Collected data entries:
-=-=-

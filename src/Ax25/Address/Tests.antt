-- ===== src/Ax25/Address/Tests.antt =====
-- Runs of the address helpers.
use bbs.Prelude.{◌≡◌, refl, none, some, ◌>>=◌, arith}
use bbs.Text.{codes, strip, rstrip, lstrip, before_dash, parse_int, digits_from}
use bbs.Ax25.Address.{
  parse, format_addr, match_callsign, is_base, all_call_chars, from_dash, suffix_ssid, check_ssid,
}
use bbs.Ax25.Address.RoundTrip.{parse-format_addr}

parse-format_addr_example : (format_addr (codes "W1AW") 3 >>= parse) ≡ some (codes "W1AW", 3)
parse-format_addr_example =
    parse-format_addr (codes "W1AW") 3 (refl, (refl, (refl, (refl, tt)))) (omega arith)
      (omega arith) (omega arith)

-- An SSID above 15 is refused.
parse_run : parse (codes " w1aw-16") ≡ none
unfolding parse match_callsign is_base all_call_chars from_dash suffix_ssid check_ssid strip rstrip
    lstrip before_dash parse_int digits_from
parse_run = refl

-=-=-

What you are asked to do – Return each line of the records above exactly as it reads.

Answer below –
filename src/Ax25/Address/Tests.antt
-- ===== src/Ax25/Address/Tests.antt =====
-- Runs of the address helpers.
use bbs.Prelude.{◌≡◌, refl, none, some, ◌>>=◌, arith}
use bbs.Text.{codes, strip, rstrip, lstrip, before_dash, parse_int, digits_from}
use bbs.Ax25.Address.{
  parse, format_addr, match_callsign, is_base, all_call_chars, from_dash, suffix_ssid, check_ssid,
}
use bbs.Ax25.Address.RoundTrip.{parse-format_addr}

parse-format_addr_example : (format_addr (codes "W1AW") 3 >>= parse) ≡ some (codes "W1AW", 3)
parse-format_addr_example =
    parse-format_addr (codes "W1AW") 3 (refl, (refl, (refl, (refl, tt)))) (omega arith)
      (omega arith) (omega arith)

-- An SSID above 15 is refused.
parse_run : parse (codes " w1aw-16") ≡ none
unfolding parse match_callsign is_base all_call_chars from_dash suffix_ssid check_ssid strip rstrip
    lstrip before_dash parse_int digits_from
parse_run = refl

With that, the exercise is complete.